* What you have to do *
From the records below, extract only the lines running from the line with "test_exporter).device_state)" to the line with "test_exporter delta-configured delta_sn-nonempty", both lines included, reproducing them exactly.

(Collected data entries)
----------

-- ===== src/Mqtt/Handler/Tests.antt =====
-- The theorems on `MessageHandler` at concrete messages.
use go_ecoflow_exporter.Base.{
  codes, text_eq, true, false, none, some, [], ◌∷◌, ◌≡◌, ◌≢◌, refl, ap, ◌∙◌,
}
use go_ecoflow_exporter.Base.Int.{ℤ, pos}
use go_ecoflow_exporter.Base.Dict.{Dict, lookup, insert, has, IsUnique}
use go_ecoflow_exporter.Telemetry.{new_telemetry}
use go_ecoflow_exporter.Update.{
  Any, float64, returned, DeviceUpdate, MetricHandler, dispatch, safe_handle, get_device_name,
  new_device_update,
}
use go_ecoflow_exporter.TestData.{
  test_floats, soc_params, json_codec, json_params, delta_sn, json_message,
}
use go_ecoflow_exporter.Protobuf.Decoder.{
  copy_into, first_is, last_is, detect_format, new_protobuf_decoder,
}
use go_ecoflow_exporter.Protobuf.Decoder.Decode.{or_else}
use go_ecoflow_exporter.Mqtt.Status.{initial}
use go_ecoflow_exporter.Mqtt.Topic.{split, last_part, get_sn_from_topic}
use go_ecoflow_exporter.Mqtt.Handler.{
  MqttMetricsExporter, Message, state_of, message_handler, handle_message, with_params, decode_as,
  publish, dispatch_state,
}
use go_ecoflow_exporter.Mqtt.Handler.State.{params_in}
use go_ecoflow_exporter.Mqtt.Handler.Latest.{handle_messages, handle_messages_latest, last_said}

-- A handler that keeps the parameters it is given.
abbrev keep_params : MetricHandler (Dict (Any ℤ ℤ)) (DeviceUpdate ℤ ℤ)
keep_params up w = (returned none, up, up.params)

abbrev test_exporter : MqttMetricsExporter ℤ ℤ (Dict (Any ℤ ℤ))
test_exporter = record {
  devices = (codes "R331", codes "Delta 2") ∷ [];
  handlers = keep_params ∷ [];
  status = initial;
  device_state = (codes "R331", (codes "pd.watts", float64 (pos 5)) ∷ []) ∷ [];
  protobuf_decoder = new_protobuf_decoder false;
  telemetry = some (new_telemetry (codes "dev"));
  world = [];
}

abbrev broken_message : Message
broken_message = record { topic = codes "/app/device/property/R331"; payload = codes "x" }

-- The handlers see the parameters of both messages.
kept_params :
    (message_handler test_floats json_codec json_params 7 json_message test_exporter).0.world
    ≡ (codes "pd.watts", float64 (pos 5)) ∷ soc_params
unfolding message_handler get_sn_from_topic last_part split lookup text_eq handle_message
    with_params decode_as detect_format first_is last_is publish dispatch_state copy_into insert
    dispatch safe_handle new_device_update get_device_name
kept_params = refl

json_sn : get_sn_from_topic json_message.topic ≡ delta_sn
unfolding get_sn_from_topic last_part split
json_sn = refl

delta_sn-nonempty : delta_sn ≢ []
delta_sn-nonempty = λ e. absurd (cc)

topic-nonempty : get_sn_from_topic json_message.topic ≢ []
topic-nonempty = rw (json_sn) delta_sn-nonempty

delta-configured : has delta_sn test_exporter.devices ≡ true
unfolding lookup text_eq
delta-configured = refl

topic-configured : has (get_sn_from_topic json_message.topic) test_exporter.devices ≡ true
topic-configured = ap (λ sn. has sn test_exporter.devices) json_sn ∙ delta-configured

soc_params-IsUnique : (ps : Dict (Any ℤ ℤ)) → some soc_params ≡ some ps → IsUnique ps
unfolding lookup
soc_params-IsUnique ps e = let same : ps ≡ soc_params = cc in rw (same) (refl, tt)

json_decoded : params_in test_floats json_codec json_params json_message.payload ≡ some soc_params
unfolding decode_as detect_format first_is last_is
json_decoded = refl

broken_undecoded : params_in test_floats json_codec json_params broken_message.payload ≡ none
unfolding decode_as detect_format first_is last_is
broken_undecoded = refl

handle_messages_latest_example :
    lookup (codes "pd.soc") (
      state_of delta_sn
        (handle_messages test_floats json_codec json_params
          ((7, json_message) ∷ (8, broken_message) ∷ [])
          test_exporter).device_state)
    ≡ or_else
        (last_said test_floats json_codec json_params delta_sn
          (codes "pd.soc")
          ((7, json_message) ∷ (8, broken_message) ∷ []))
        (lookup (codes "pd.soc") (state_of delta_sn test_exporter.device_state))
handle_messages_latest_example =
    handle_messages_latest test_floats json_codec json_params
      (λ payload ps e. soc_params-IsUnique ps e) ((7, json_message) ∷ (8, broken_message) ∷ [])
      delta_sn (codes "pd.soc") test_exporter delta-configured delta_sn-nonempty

----------

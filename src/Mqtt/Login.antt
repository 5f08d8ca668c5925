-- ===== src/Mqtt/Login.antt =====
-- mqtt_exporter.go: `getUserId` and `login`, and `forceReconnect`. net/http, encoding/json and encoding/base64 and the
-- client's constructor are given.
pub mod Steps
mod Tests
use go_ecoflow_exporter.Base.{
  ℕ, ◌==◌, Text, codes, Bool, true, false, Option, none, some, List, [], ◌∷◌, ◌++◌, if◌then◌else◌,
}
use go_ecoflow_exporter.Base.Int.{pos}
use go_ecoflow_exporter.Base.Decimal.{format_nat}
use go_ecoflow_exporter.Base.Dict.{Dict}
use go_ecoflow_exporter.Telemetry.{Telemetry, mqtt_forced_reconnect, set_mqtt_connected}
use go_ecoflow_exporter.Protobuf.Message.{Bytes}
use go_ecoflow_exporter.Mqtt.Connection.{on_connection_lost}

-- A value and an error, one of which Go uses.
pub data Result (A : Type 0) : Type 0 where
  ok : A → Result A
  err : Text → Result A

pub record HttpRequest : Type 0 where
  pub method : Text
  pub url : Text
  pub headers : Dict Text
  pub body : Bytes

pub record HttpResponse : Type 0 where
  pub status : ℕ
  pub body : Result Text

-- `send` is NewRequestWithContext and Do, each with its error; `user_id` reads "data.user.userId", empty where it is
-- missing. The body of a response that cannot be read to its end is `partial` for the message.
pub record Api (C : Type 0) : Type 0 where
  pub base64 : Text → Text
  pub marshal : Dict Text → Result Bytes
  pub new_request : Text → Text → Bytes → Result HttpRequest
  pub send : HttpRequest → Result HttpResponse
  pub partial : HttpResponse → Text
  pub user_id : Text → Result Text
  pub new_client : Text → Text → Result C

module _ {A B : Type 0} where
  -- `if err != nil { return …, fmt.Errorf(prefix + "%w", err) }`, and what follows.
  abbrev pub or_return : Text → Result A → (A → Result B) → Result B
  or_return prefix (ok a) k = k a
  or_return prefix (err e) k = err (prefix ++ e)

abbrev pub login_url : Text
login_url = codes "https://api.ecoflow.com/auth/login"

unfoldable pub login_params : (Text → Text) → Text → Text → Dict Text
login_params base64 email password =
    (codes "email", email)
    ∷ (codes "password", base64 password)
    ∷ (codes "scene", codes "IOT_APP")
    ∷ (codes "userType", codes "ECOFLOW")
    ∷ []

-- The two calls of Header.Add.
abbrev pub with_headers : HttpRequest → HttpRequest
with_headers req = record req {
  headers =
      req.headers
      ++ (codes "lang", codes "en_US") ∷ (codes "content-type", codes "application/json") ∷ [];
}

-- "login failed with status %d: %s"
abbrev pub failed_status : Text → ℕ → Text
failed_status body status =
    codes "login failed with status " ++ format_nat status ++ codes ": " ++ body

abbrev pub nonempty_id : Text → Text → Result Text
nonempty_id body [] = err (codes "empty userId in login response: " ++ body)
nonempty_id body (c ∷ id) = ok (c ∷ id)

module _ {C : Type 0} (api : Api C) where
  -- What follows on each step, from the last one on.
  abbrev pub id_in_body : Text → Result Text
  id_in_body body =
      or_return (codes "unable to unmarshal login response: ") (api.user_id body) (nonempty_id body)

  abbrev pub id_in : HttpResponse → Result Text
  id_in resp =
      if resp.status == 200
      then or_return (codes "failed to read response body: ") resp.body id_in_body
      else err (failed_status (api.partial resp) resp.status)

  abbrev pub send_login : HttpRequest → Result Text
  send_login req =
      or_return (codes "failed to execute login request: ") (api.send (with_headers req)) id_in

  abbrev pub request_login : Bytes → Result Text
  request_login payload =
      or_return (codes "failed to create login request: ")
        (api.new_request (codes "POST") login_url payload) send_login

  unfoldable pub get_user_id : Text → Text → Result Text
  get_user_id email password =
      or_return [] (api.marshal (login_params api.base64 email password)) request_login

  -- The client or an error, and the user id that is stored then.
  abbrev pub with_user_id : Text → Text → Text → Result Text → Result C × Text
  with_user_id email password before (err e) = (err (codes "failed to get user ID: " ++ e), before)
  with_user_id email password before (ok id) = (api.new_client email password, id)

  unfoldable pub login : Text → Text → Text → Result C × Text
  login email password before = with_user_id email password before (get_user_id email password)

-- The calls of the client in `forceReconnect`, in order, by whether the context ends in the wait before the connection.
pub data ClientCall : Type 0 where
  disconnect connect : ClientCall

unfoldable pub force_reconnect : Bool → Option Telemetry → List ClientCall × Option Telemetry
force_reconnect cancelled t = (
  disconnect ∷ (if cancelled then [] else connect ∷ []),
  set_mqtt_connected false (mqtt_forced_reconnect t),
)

----------

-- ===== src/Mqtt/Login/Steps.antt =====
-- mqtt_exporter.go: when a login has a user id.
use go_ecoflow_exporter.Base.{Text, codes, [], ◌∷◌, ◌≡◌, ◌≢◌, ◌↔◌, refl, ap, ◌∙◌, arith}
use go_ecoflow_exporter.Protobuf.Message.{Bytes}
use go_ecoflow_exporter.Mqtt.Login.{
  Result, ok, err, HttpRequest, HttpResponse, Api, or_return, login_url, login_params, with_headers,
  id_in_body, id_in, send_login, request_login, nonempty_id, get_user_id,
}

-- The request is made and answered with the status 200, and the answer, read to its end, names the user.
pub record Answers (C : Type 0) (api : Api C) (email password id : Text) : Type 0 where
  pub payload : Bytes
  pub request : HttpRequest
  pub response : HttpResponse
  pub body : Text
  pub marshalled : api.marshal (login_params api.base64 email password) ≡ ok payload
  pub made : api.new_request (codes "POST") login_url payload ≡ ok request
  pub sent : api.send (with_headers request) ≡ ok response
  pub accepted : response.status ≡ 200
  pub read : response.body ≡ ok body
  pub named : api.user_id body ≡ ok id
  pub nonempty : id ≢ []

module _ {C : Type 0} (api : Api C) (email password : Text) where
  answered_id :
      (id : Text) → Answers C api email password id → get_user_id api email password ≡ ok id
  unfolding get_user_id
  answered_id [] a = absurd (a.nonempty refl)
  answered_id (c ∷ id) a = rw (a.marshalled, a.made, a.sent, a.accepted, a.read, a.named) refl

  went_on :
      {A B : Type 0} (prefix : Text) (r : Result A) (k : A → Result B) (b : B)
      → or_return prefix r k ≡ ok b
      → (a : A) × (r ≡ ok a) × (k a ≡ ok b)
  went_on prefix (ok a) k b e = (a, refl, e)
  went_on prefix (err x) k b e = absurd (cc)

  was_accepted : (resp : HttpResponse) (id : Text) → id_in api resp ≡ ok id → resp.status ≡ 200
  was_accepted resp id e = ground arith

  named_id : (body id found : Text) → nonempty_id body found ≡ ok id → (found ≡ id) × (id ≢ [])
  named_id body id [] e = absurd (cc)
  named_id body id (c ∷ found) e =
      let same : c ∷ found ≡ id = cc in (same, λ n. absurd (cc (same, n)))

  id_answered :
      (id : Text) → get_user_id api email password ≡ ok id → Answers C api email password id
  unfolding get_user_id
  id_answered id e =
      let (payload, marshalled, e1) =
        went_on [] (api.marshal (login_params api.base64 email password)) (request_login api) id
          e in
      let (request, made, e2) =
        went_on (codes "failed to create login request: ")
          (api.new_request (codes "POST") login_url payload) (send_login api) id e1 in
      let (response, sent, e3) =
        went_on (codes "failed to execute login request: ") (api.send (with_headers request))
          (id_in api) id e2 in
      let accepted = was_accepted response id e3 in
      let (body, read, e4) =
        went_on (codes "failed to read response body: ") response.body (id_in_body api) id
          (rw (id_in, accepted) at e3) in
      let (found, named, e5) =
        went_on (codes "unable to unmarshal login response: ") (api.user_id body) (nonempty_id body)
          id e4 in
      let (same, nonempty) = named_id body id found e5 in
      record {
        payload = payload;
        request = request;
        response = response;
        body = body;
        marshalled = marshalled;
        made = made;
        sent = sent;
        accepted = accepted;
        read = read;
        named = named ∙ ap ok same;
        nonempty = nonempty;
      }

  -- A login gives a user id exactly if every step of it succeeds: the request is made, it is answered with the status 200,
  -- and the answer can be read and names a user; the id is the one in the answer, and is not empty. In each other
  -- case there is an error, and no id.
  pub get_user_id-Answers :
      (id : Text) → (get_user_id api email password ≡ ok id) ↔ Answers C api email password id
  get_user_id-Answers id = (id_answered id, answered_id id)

----------

* Reply to the exercise *
          test_exporter).device_state)
    ≡ or_else
        (last_said test_floats json_codec json_params delta_sn
          (codes "pd.soc")
          ((7, json_message) ∷ (8, broken_message) ∷ []))
        (lookup (codes "pd.soc") (state_of delta_sn test_exporter.device_state))
handle_messages_latest_example =
    handle_messages_latest test_floats json_codec json_params
      (λ payload ps e. soc_params-IsUnique ps e) ((7, json_message) ∷ (8, broken_message) ∷ [])
      delta_sn (codes "pd.soc") test_exporter delta-configured delta_sn-nonempty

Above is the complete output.